YOUR TASK:
Exactly the lines from the start of the data below through the line containing "unfolding owner_turn" must be returned, and no others.

--- START ---

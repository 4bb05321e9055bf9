-- ===== src/Budget/Renewal.antt =====
-- `renew_for_owner_prompt` of src/peer_budget.py.
use peer_chat.Base.{
  String, ◌≡◌, refl, Bool, true, false, not, ◌||◌, none, some, arith, eq_refl, Bool-cases,
  Option-cases, inl, inr,
}
use mathlib.Core.Bool.{false≢true}
use peer_chat.Base.Json.{Value, null, str, member, is_text}
use peer_chat.Store.{Store, get}
use peer_chat.Budget.{
  is_external, is_window, owner_turn, renew_turn, renewed, renew_for_owner_prompt,
}

owner_turn_external :
    (payload : Value) (prompt : String)
    → member payload "prompt" ≡ str prompt
    → is_external prompt ≡ true
    → owner_turn payload ≡ none
unfolding owner_turn
owner_turn_external payload prompt p e = ground arith

or_true : (b : Bool) → (b || true) ≡ true
or_true true = refl
or_true false = refl

not_blocked : (w t : Bool) → (not w || t) ≡ false → w ≡ true
not_blocked w t h = ground arith

renew-none :
    (payload : Value) (s : Store)
    → owner_turn payload ≡ none
    → renew_for_owner_prompt payload s ≡ (false, s)
unfolding renew_for_owner_prompt
renew-none payload s e = rw (e, renew_for_owner_prompt)

renew-some :
    (payload : Value) (turn : String) (s : Store)
    → owner_turn payload ≡ some turn
    → renew_for_owner_prompt payload s ≡ renew_turn turn s
unfolding renew_for_owner_prompt
renew-some payload turn s e = rw (e, renew_for_owner_prompt)

-- A prompt that carries a marker of peer text changes nothing.
pub renew_external :
    (payload : Value) (prompt : String) (s : Store)
    → member payload "prompt" ≡ str prompt
    → is_external prompt ≡ true
    → renew_for_owner_prompt payload s ≡ (false, s)
renew_external payload prompt s p e = renew-none payload s (owner_turn_external payload prompt p e)

renew_turn_once :
    (turn : String) (s : Store)
    → (renew_turn turn s).0 ≡ true
    → (is_window (get s "budget_limit" null) ≡ true)
      × ((renew_turn turn s).1 ≡ renewed (get s "budget_limit" null) turn s)
renew_turn_once turn s h =
    elim (Bool-cases (
      not (is_window (get s "budget_limit" null))
      || is_text (get s "budget_owner_turn" null) turn)) [
        | inl e ↦ absurd (false≢true (rw e at h))
        | inr e ↦ (not_blocked _ _ e, rw e)
      ]

renew_turn_again :
    (turn : String) (s : Store)
    → renew_turn turn (renewed (get s "budget_limit" null) turn s)
      ≡ (false, renewed (get s "budget_limit" null) turn s)
renew_turn_again turn s = rw (eq_refl turn) (rw (or_true _))

-- A renewal sets both allowances to the declared window, and the same prompt does not renew again.
pub renew_once :
    (payload : Value) (s : Store)
    → (renew_for_owner_prompt payload s).0 ≡ true
    → let s' = (renew_for_owner_prompt payload s).1 in
      (is_window (get s "budget_limit" null) ≡ true)
      × (get s' "remaining" null ≡ get s "budget_limit" null)
      × (get s' "wake_remaining" null ≡ get s "budget_limit" null)
      × (renew_for_owner_prompt payload s' ≡ (false, s'))
renew_once payload s h = elim (Option-cases (owner_turn payload)) [
  | inl e ↦ absurd (false≢true (rw (renew-none payload s e) at h))
  | inr (turn, e) ↦
      let once = renew_turn_once turn s (rw (renew-some payload turn s e) at h) in
      rw (renew-some payload turn s e, once.1)
        (
          once.0,
          refl,
          refl,
          rw (renew-some payload turn (renewed (get s "budget_limit" null) turn s) e)
              (renew_turn_again turn s),
        )
]
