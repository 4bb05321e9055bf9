-- ===== src/Peers.antt =====
-- src/peer_peers.py: the table of enrolled peers. Records and tables are JSON objects, as there.
mod Claude
mod Codex
pub mod Normal
pub mod Enrolled
pub mod Resolve
pub mod Live
use Prim.Native.String.{◌++◌ as text_append}
use peer_chat.Base.{
  ℕ, String, Bool, true, false, not, ◌&&◌, ◌||◌, Option, none, some, if◌then◌else◌, ◌==◌, is_some,
  ◌≡◌,
}
use peer_chat.Base.Int.{pos, is_positive}
use peer_chat.Base.Json.{
  Value, null, bool, int, str, obj, Fields, end, field, insert, lookup, member, is_text, is_null,
  truthy, or_else,
}
use peer_chat.Base.Text.{is_blank, prefix, is_lower_uuid}
use peer_chat.Store.{Store, get, put}

-- What the module takes from `pathlib` and `hashlib`: whether a path with its `~` expanded is
-- absolute, that path resolved, and the first 16 digits of a SHA-256.
pub record Host : Type 0 where
  pub is_absolute : String → Bool
  pub resolve : String → String
  pub digest : String → String
  pub resolve-resolve : (p : String) → resolve (resolve p) ≡ resolve p
  pub is_absolute-resolve : (p : String) → is_absolute (resolve p) ≡ true
  pub is_blank-resolve : (p : String) → is_blank (resolve p) ≡ false

-- The tests of `_normalise` on a Claude entry.
abbrev pub is_filled : Value → Bool
is_filled (str s) = not (s == "")
is_filled _ = false

abbrev pub is_pid : Value → Bool
is_pid (int n) = is_positive n
is_pid _ = false

abbrev pub is_thread : Value → Bool
is_thread (str s) = is_lower_uuid s
is_thread _ = false

abbrev pub text_of : Value → String
text_of (str s) = s
text_of _ = ""

-- `out.setdefault("name", out["key"][:8])`
abbrev pub with_name : String → Fields → Fields
with_name key d = if is_some (lookup "name" d) then d else insert "name" (str (prefix 8 key)) d

-- An entry with no identity, pid or socket is no peer.
unfoldable pub normalise_claude : Fields → Option Fields
normalise_claude d =
    let identity = member (obj d) "identity" in
    if is_filled identity && (is_pid (member (obj d) "pid") && is_filled (member (obj d) "socket"))
    then some
        (with_name (text_of identity) (insert "key" identity (insert "kind" (str "claude") d)))
    else none

module _ (host : Host) where
  open host use {is_absolute, resolve, digest}

  -- `_absolute_root`
  abbrev pub absolute_root : Value → Option String
  absolute_root (str s) = if not (is_blank s) && is_absolute s then some (resolve s) else none
  absolute_root _ = none

  -- `codex_key`
  abbrev pub codex_key : String → String → String
  codex_key home thread =
      text_append "codex:" (text_append (digest (resolve home)) (text_append ":" thread))

  abbrev pub codex_fields : String → String → String → Fields → Fields
  codex_fields home root thread d =
      let key = codex_key (resolve home) thread in
      with_name key (
        insert "key" (str key)
          (insert "state_root" (str root) (insert "codex_home" (str (resolve home)) d)))

  unfoldable pub normalise_codex : Fields → Option Fields
  normalise_codex d =
      let home = text_of (member (obj d) "codex_home") in
      let thread = member (obj d) "thread" in
      if is_thread thread && (not (is_blank home) && is_absolute home)
      then (elim (absolute_root (member (obj d) "state_root")) [
        | none ↦ none
        | some root ↦ some (codex_fields home root (text_of thread) d)
      ])
      else none

  -- `_normalise`
  unfoldable pub normalise : Value → Option Fields
  normalise (obj d) =
      let kind = member (obj d) "kind" in
      if is_text kind "codex"
      then normalise_codex d
      else if is_null kind || is_text kind "claude"
      then normalise_claude d
      else none
  normalise _ = none

  abbrev pub add_peer : Fields → Fields → Fields
  add_peer d table = insert (text_of (member (obj d) "key")) (obj d) table

  -- The loop of `all_peers` over the entries of the map.
  unfoldable pub collect : Fields → Fields → Fields
  collect end out = out
  collect (field key entry rest) out = elim (normalise entry) [
    | none ↦ collect rest out
    | some d ↦ collect rest (add_peer d out)
  ]

  -- The entry that `all_peers` makes of a legacy `config["peer"]`.
  abbrev pub legacy_entry : Value → Value
  legacy_entry legacy = obj (
      field "kind" (str "claude") (
        field "pid" (member legacy "pid") (
          field "identity" (member legacy "identity") (
            field "socket" (member legacy "socket") (
              field "name" (or_else (member legacy "name") (str "Claude"))
                (field "enrolled_by" (str "legacy") end))))))

  -- A legacy peer counts only where there is no map.
  unfoldable pub legacy_table : Value → Fields
  legacy_table (obj legacy) = elim (normalise (legacy_entry (obj legacy))) [
    | none ↦ end
    | some d ↦ add_peer d end
  ]
  legacy_table _ = end

  unfoldable pub table_of : Value → Value → Fields
  table_of (obj table) legacy = collect table end
  table_of _ legacy = legacy_table legacy

  -- `all_peers`
  unfoldable pub all_peers : Value → Fields
  all_peers config = table_of (member config "peers") (member config "peer")

  -- `next((p for p in peers.values() if p["kind"] == "claude"), None)`
  unfoldable pub first_claude : Fields → Option Value
  first_claude end = none
  first_claude (field key peer rest) =
      let later = first_claude rest in
      if is_text (member peer "kind") "claude" then some peer else later

  -- `record.get("name", "Claude")`
  abbrev mirror_name : Value → Value
  mirror_name (obj d) = elim (lookup "name" d) [ none ↦ str "Claude" | some name ↦ name ]
  mirror_name _ = str "Claude"

  -- `_legacy_mirror`
  abbrev pub legacy_mirror : Value → Value
  legacy_mirror peer = obj (
      field "pid" (member peer "pid") (
        field "identity" (member peer "identity")
          (field "socket" (member peer "socket") (field "name" (mirror_name peer) end))))

  abbrev pub config_fields : Value → Fields
  config_fields (obj d) = d
  config_fields _ = end

  abbrev pub mirrored : Fields → Fields → Fields
  mirrored table config = elim (first_claude table) [
    | none ↦ config
    | some peer ↦ insert "peer" (legacy_mirror peer) config
  ]

  -- The configuration that `enroll` stores.
  unfoldable pub enrolled_config : Fields → Value → Fields
  enrolled_config d config =
      let fields = config_fields config in
      let table = add_peer d (all_peers (obj fields)) in
      mirrored table (insert "peers" (obj table) fields)

  -- `enroll`; `none` is its ValueError.
  unfoldable pub enroll : Value → Store → Option (Fields × Store)
  enroll peer s = elim (normalise peer) [
    | none ↦ none
    | some d ↦
        (let config = enrolled_config d (get s "config" null) in
          some (config, put "config" (obj config) s))
  ]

--- END ---

ANSWER TO THE EXERCISE:
repository 4bb05321e9055bf9
-- ===== src/Budget/Renewal.antt =====
-- `renew_for_owner_prompt` of src/peer_budget.py.
use peer_chat.Base.{
  String, ◌≡◌, refl, Bool, true, false, not, ◌||◌, none, some, arith, eq_refl, Bool-cases,
  Option-cases, inl, inr,
}
use mathlib.Core.Bool.{false≢true}
use peer_chat.Base.Json.{Value, null, str, member, is_text}
use peer_chat.Store.{Store, get}
use peer_chat.Budget.{
  is_external, is_window, owner_turn, renew_turn, renewed, renew_for_owner_prompt,
}

owner_turn_external :
    (payload : Value) (prompt : String)
    → member payload "prompt" ≡ str prompt
    → is_external prompt ≡ true
    → owner_turn payload ≡ none
unfolding owner_turn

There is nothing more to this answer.